Kroatien: Spitäler kurz vor Medikamentenmangel

In drei Viertel der kroatischen Krankenhäuser droht wegen Schulden in der Höhe von 4,3 Milliarden Kuna (567 Millionen Euro) ein Medikamentenmangel. Die Großhändler verweigern die weitere Versorgung mit Arzneimitteln, sollten bis Jahresende nicht mindestens 2,7 Milliarden Kuna beglichen werden. Ein Angebot der Regierung von 200 Millionen Kuna lehnten die Großhändler ab. Begründung: Sie könnten dem Gesundheitssystem keine weiteren Kredite gewähren, weil sie wegen Verlusten selbst mit Liquiditätsproblemen kämpften. Die Versorgung von mehr als 30 Krankenhäusern, deren Schulden älter als ein Jahr sind, wurde kürzlich eingestellt. Noch können diese auf Vorräte zurückgreifen.

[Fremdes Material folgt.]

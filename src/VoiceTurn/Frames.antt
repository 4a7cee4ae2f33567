-- ===== src/VoiceTurn/Frames.antt =====
-- The input queue of core/cluster/voice_turn.py: what is kept while the speech worker restarts, and
-- why the queue is always there when a frame comes.
use xiaozhi_desk_robot_serve.Prelude.{
  ℕ, zero, suc, ◌-◌, ◌≤◌, ◌<◌, Bool, ◌≡◌, ◌≢◌, refl, sym, ap, subst, ◌∙◌, true, false, Option, none,
  some, List, [], ◌∷◌, ◌++◌, inl, inr, arith, leb, length, length-append, length-drop, append_nil,
  append_snoc, drop, map, Bool-cases, All,
}
use xiaozhi_desk_robot_serve.VoiceTurn.{
  TurnState, asr_restarting, Frame, audio, end_of_speech, Message, stt_clear, Task, listening,
  given, VoiceTurn, is_running, emit, after, raised, TaskInput, attribute_error,
}
use xiaozhi_desk_robot_serve.VoiceTurn.Control.{
  recovery_audio_frames, max_audio, drain, put_frame, pre_roll, audio_frame, stop,
}
use xiaozhi_desk_robot_serve.VoiceTurn.Invariant.{Served, TaskOk, IsSound, length-drain-le}

-- the last `n` elements
abbrev pub newest {ℓ} : {A : Type ℓ} → ℕ → List A → List A
newest n xs = drop (length xs - n) xs

newest_append : (n : ℕ) (xs ys : List Frame) → newest n (newest n xs ++ ys) ≡ newest n (xs ++ ys)
newest_append n [] ys = ap (λ (k : ℕ). newest n (drop k [] ++ ys)) {x = 0 - n} {y = 0} (omega arith)
newest_append n (x ∷ xs) ys = elim (Bool-cases (leb (suc (length xs)) n)) [
  | inl fits ↦
      let e : length (x ∷ xs) - n ≡ 0 = ground arith in
      ap (λ (k : ℕ). newest n (drop k (x ∷ xs) ++ ys)) e
  | inr over ↦
      let a : length (x ∷ xs) - n ≡ suc (length xs - n) = ground arith in
      let b : length (x ∷ (xs ++ ys)) - n ≡ suc (length (xs ++ ys) - n) =
        ground (arith, length-append xs ys) in
      ap (λ (k : ℕ). newest n (drop k (x ∷ xs) ++ ys)) a
      ∙ newest_append n xs ys
      ∙ sym (ap (λ (k : ℕ). drop k (x ∷ (xs ++ ys))) b)
]

drop_at : (k : ℕ) (xs : List Frame) → k ≡ 0 → drop k xs ≡ xs
drop_at k xs h = ap (λ (j : ℕ). drop j xs) h

drop-append : (k : ℕ) (xs ys : List Frame) → k ≤ length xs → drop k (xs ++ ys) ≡ drop k xs ++ ys
drop-append zero xs ys h = refl
drop-append (suc k) [] ys h = absurd (omega arith)
drop-append (suc k) (x ∷ xs) ys h = drop-append k xs ys (omega arith)

drain-drop : (n : ℕ) (q : List Frame) → 0 < n → drain n q ≡ drop (suc (length q) - n) q
unfolding drain
drain-drop n [] pos = ap (λ (k : ℕ). drop k []) {x = 0} {y = 1 - n} (omega arith)
drain-drop n (f ∷ q) pos = elim (Bool-cases (leb n (length (f ∷ q)))) [
  | inl over ↦
      let e : suc (suc (length q)) - n ≡ suc (suc (length q) - n) = ground arith in
      rw over (drain-drop n q pos ∙ sym (ap (λ (k : ℕ). drop k (f ∷ q)) e))
  | inr fits ↦
      let e : suc (suc (length q)) - n ≡ 0 = ground arith in
      rw fits (sym (ap (λ (k : ℕ). drop k (f ∷ q)) e))
]

-- room is made for one frame, and the queue has the last ten then
drain-newest :
    (q : List Frame) (f : Frame)
    → drain recovery_audio_frames q ++ f ∷ [] ≡ newest recovery_audio_frames (q ++ f ∷ [])
drain-newest q f =
    ap (λ x. x ++ f ∷ []) (drain-drop recovery_audio_frames q (omega arith))
    ∙ sym (drop-append (suc (length q) - recovery_audio_frames) q (f ∷ []) (omega arith))
    ∙ ap (λ (k : ℕ). drop k (q ++ f ∷ [])) {x = suc (length q) - recovery_audio_frames}
        {y = length (q ++ f ∷ []) - recovery_audio_frames} (omega (arith, length-append q (f ∷ [])))

length-newest-le : (n : ℕ) (q : List Frame) → length (newest n q) ≤ n
length-newest-le n q = omega (arith, length-drop (length q - n) q)

-- the bytes of a frame that is let in
abbrev pub IsFrame : List ℕ → Type 0
IsFrame bytes = (0 < length bytes) × (length bytes ≤ max_audio)

audio_frame-restarting :
    (sends : Message → Bool) (bytes : List ℕ) (q : List Frame) (v : VoiceTurn)
    → v.state ≡ asr_restarting
    → is_running v.task ≡ true
    → v.ending ≡ false
    → v.queue ≡ some q
    → length q ≤ recovery_audio_frames
    → IsFrame bytes
    → (audio_frame sends bytes v).0
      ≡ record v { queue = some (newest recovery_audio_frames (q ++ audio bytes ∷ [])) }
unfolding audio_frame put_frame pre_roll
audio_frame-restarting sends bytes q v s r e h le fits =
    ground (arith, drain-newest q (audio bytes), length-drain-le recovery_audio_frames q)

-- one frame after another
unfoldable pub feed : (Message → Bool) → List (List ℕ) → VoiceTurn → VoiceTurn
feed sends [] v = v
feed sends (bytes ∷ frames) v = feed sends frames (audio_frame sends bytes v).0

-- While the speech worker restarts, with a running task, before the end of speech and with at most
-- ten frames in the queue: after any frames of a valid size the queue has the last ten of what it
-- had and of these frames, in order, whichever sends would get through.
pub feed-newest :
    (sends : Message → Bool) (frames : List (List ℕ)) (q : List Frame) (v : VoiceTurn)
    → v.state ≡ asr_restarting
    → is_running v.task ≡ true
    → v.ending ≡ false
    → v.queue ≡ some q
    → length q ≤ recovery_audio_frames
    → All IsFrame frames
    → (feed sends frames v).queue ≡ some (newest recovery_audio_frames (q ++ map audio frames))
unfolding feed
feed-newest sends [] q v s r e h le fits =
    h
    ∙ ap some (
        sym (append_nil q)
        ∙ sym (
            drop_at (length (q ++ []) - recovery_audio_frames) (q ++ [])
              (rw (append_nil q) (omega arith))))
feed-newest sends (bytes ∷ frames) q v s r e h le fits =
    let q' = newest recovery_audio_frames (q ++ audio bytes ∷ []) in
    subst
      (λ x.
        (feed sends frames x).queue
        ≡ some (newest recovery_audio_frames (q ++ audio bytes ∷ map audio frames)))
      (sym (audio_frame-restarting sends bytes q v s r e h le fits.0))
      (feed-newest sends frames q' (record v { queue = some q' }) s r e refl
          (length-newest-le recovery_audio_frames (q ++ audio bytes ∷ [])) fits.1
        ∙ ap some (
            newest_append recovery_audio_frames (q ++ audio bytes ∷ []) (map audio frames)
            ∙ ap (newest recovery_audio_frames) (append_snoc q (audio bytes) (map audio frames))))

Served-none :
    (i : TaskInput) (ending closing : Bool)
    → Served i none ending closing
    → ending ≡ false
    → closing ≡ false
    → ⊥
Served-none (listening mode) ending closing s e c = s
Served-none (given text wake last) ending closing (inl a) e c = absurd (cc)
Served-none (given text wake last) ending closing (inr a) e c = absurd (cc)

-- the queue is there when the guards let a frame through
served_queue :
    (g : ℕ) (q : Option (List Frame)) (ending closing : Bool) (t : Option Task)
    → TaskOk g q ending closing t
    → is_running t ≡ true
    → ending ≡ false
    → closing ≡ false
    → q ≢ none
unfolding is_running
served_queue g q ending closing none k r e c = absurd (cc)
served_queue g none ending closing (some t) k r e c =
    absurd (Served-none t.input ending closing k.1 e c)
served_queue g (some q) ending closing (some t) k r e c = λ h. absurd (cc)

put_frame-served :
    (sends : Message → Bool) (f : Frame) (o : Option (List Frame)) (v : VoiceTurn)
    → o ≢ none
    → (put_frame sends f o v).1 ≢ raised attribute_error
unfolding put_frame emit
put_frame-served sends f none v ne = absurd (ne refl)
put_frame-served sends f (some q) v ne = ground arith

pre_roll-served : (s : TurnState) (o : Option (List Frame)) → o ≢ none → pre_roll s o ≢ none
unfolding pre_roll
pre_roll-served s none ne = absurd (ne refl)
pre_roll-served asr_restarting (some q) ne = λ h. absurd (cc)
pre_roll-served _ (some q) ne = ne

audio_frame-served :
    (sends : Message → Bool) (bytes : List ℕ) (v : VoiceTurn)
    → IsSound v
    → v.idle_closing ≡ false
    → (audio_frame sends bytes v).1 ≢ raised attribute_error
unfolding audio_frame
audio_frame-served sends bytes v i c = ground (
  arith,
  served_queue v.generation v.queue v.ending v.idle_closing v.task i.1,
  pre_roll-served v.state v.queue,
  put_frame-served sends (audio bytes) (pre_roll v.state v.queue) v,
)

stop-served :
    (sends : Message → Bool) (v : VoiceTurn)
    → IsSound v
    → v.idle_closing ≡ false
    → (stop sends v).1 ≢ raised attribute_error
unfolding stop emit after
stop-served sends v i c =
    let x = record v { ending = true; sent = v.sent ++ stt_clear ∷ [] } in
    ground (
      arith,
      served_queue v.generation v.queue v.ending v.idle_closing v.task i.1,
      put_frame-served sends end_of_speech v.queue x,
    )

-- In a state with the invariant that has not expired, neither a frame nor the end of speech meets a
-- missing queue.
pub frames-served :
    (sends : Message → Bool) (bytes : List ℕ) (v : VoiceTurn)
    → IsSound v
    → v.idle_closing ≡ false
    → ((audio_frame sends bytes v).1 ≢ raised attribute_error)
      × ((stop sends v).1 ≢ raised attribute_error)
frames-served sends bytes v i c = (audio_frame-served sends bytes v i c, stop-served sends v i c)
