-- ===== src/VoiceTurn/Tools.antt =====
-- `execute_tools` of core/cluster/voice_turn.py, after `calls` of core/cluster/tool_stream_protocol.py.
use Prim.Native.String.{count}
use xiaozhi_desk_robot_serve.Prelude.{
  ℕ, String, Bool, true, false, Option, none, some, List, [], ◌∷◌, ◌++◌, if◌then◌else◌, not, ◌&&◌,
  leb, ◌==◌, length, str_eq,
}
use xiaozhi_desk_robot_serve.Dict.{Dict}
use xiaozhi_desk_robot_serve.Text.{elem, all_chars, is_letter, is_word}

pub record ToolCall (V : Type 0) : Type 0 where
  pub id : String
  pub name : String
  pub arguments : Dict V

-- the results that the session itself gives, and those of a service
pub data ToolResult (R : Type 0) : Type 0 where
  conversation_ending exit_with_arguments not_available : ToolResult R
  end_conversation : String → ToolResult R
  from_service : R → ToolResult R

pub record Reply (R : Type 0) : Type 0 where
  pub id : String
  pub result : ToolResult R

abbrev pub max_calls : ℕ
max_calls = 8

-- [A-Za-z0-9_-]{1,128}
unfoldable pub is_id : String → Bool
is_id s = leb 1 (count s) && leb (count s) 128 && all_chars is_word s

-- [A-Za-z_][A-Za-z0-9_-]{0,63}
unfoldable pub is_name : String → Bool
is_name String.[] = false
is_name (String.◌∷◌ c s) = is_letter c && leb (count s) 63 && all_chars is_word s

module _ {V : Type 0} where
  -- the loop of `calls` with the set of the ids so far
  unfoldable pub each_call_ok : List String → List (ToolCall V) → Bool
  each_call_ok ids [] = true
  each_call_ok ids (c ∷ cs) =
      is_id c.id && not (elem c.id ids) && is_name c.name && each_call_ok (c.id ∷ ids) cs

  -- `calls`, up to the size of the encoded value, which the argument `encodes` tests
  unfoldable pub calls_ok : (List (ToolCall V) → Bool) → List (ToolCall V) → Bool
  calls_ok encodes cs =
      leb 1 (length cs) && leb (length cs) max_calls && each_call_ok [] cs && encodes cs

-- The services that a session has, over the world `W` they act on: Memory answers a call with one
-- reply, the device with a list of replies.
pub record Services (V R W : Type 0) : Type 0 where
  pub memory : Option (ToolCall V → W → W × Reply R)
  pub mcp : Option (ToolCall V → W → W × List (Reply R))

module _ {V R W : Type 0} where
  -- a reply of the session itself, which does not touch the world
  abbrev pub answered : Bool → W → ToolCall V → ToolResult R → Bool × W × List (Reply R)
  answered closing w c r = (closing, w, record { id = c.id; result = r } ∷ [])

  -- the branch for the device, and what is left when there is none
  unfoldable pub call_device :
      Option (ToolCall V → W → W × List (Reply R)) → ToolCall V → W → Bool × W × List (Reply R)
  call_device none c w = answered false w c not_available
  call_device (some f) c w = let (w', rs) = f c w in (false, w', rs)

  -- the branch for Memory, and what follows it when there is none
  unfoldable pub call_memory :
      Option (ToolCall V → W → W × Reply R)
      → Option (ToolCall V → W → W × List (Reply R))
      → ToolCall V
      → W
      → Bool × W × List (Reply R)
  call_memory none mcp c w = call_device mcp c w
  call_memory (some f) mcp c w = let (w', r) = f c w in (false, w', r ∷ [])

  -- one turn of the loop: `close_after_chat`, the world and the replies after the call
  unfoldable pub execute_one :
      Services V R W → String → ToolCall V → Bool → W → Bool × W × List (Reply R)
  execute_one s goodbye c true w = answered true w c conversation_ending
  execute_one s goodbye c false w =
      if str_eq c.name "handle_exit_intent"
      then (if length c.arguments == 0
          then answered true w c (end_conversation goodbye)
          else answered false w c exit_with_arguments)
      else if str_eq c.name "manage_memory"
      then call_memory s.memory s.mcp c w
      else call_device s.mcp c w

  unfoldable pub execute_all :
      Services V R W → String → List (ToolCall V) → Bool → W → Bool × W × List (Reply R)
  execute_all s goodbye [] closing w = (closing, w, [])
  execute_all s goodbye (c ∷ cs) closing w =
      let (closing', w', rs) = execute_one s goodbye c closing w in
      let (closing'', w'', rest) = execute_all s goodbye cs closing' w' in
      (closing'', w'', rs ++ rest)

  -- `execute_tools`; `none` is the ValueError of `calls`
  unfoldable pub execute_tools :
      (List (ToolCall V) → Bool)
      → Services V R W
      → String
      → List (ToolCall V)
      → Bool
      → W
      → Option (Bool × W × List (Reply R))
  execute_tools encodes s goodbye cs closing w =
      if calls_ok encodes cs then some (execute_all s goodbye cs closing w) else none
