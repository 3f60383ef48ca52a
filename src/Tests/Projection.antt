-- ===== src/Tests/Projection.antt =====
-- A ledger whose first transaction registers a schema and whose second creates a credential of it.
use xcs.Common.{◌≡◌, refl, codes, true, [], ◌∷◌, some, ok, All, length, text_eq}
use xcs.Core.Schema.{parse_schema, count_schema_fields}
use xcs.Core.Schema.RoundTrip.{schema_value, fields_members}
use xcs.Core.Resolution.{resolve_schema, resolve}
use xcs.Core.Documents.{DocumentLibraries}
use xcs.Indexer.Types.{LedgerTransaction, ValidatedLedger}
use xcs.Indexer.Projection.{LedgerProjection, project_ledger, project_transactions}
use xcs.Indexer.Projection.Known.{HasSource, project_ledger-HasSource}
use xcs.Tests.Claims.{plain_libraries}
use xcs.Tests.Resolution.{base}
use xcs.Tests.Ledgers.{profile, low_hash, payment}
use xcs.Tests.Registration.{registration, empty_catalog}

abbrev one_document : DocumentLibraries
one_document = record {
  parse_tree = λ text. some (schema_value base);
  canonicalize = λ value. some (codes "{}");
  sha256_hex = λ bytes. low_hash;
}

abbrev first : LedgerTransaction
first = record {
  hash = registration.hash;
  transaction = registration.transaction;
  metadata = registration.metadata;
  transaction_index = 0;
}

abbrev second : LedgerTransaction
second = record {
  hash = payment.hash;
  transaction = payment.transaction;
  metadata = payment.metadata;
  transaction_index = 1;
}

abbrev ledger : ValidatedLedger
ledger = record {
  ledger_index = 9;
  ledger_hash = low_hash;
  parent_hash = codes "p";
  account_root = codes "00";
  transaction_root = codes "11";
  parent_close_time = 100;
  close_time = 110;
  close_time_resolution = 10;
  close_flags = 0;
  total_coins = codes "100";
  transactions = first ∷ second ∷ [];
}

abbrev projection : LedgerProjection
projection = record {
  ledger = ledger;
  collected =
      project_transactions plain_libraries one_document (λ k. 0) (λ u. true) profile ledger
        empty_catalog (first ∷ second ∷ []);
}

is_projected :
    project_ledger plain_libraries one_document (λ k. 0) (λ u. true) profile ledger empty_catalog
    ≡ ok projection
unfolding project_ledger
is_projected = refl

the_credential_counts : length projection.collected.credential_mutations ≡ 1
unfolding project_transactions resolve_schema resolve schema_value parse_schema text_eq
    count_schema_fields fields_members
the_credential_counts = refl

project_ledger-HasSource_example :
    All
      (HasSource empty_catalog projection.collected.schema_registrations)
      projection.collected.credential_mutations
project_ledger-HasSource_example =
    project_ledger-HasSource plain_libraries one_document (λ k. 0) (λ u. true) profile ledger
      empty_catalog projection is_projected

Brüssel: neues Big-Data-Gesetz

Binnenmarkt-Kommissar Thierry Breton und Digitalkommissarin Margrethe Vestager der EU-Kommission stellten kürzlich den Entwurf für ein neues Gesetz zur Datenkontrolle („Data Governance Act“) vor. Man möchte, „dass Europa zum weltweiten Datenkontinent Nummer eins wird“. Der Datenstrom soll nicht mehr über US-Konzerne wie Amazon oder Facebook, sondern über unabhängige Datentreuhänder fließen – mit Sitz in der EU. Die Konzerne fungieren bestenfalls nur als Vermittler zwischen Datenproduzenten und den Datennutzern, dürfen die Daten aber selbst nicht kommerziell nutzen. Ziel ist eine bessere Datenkontrolle. Die neue Verordnung soll zudem das Teilen von Datensätzen für gemeinnützige Zwecke erleichtern.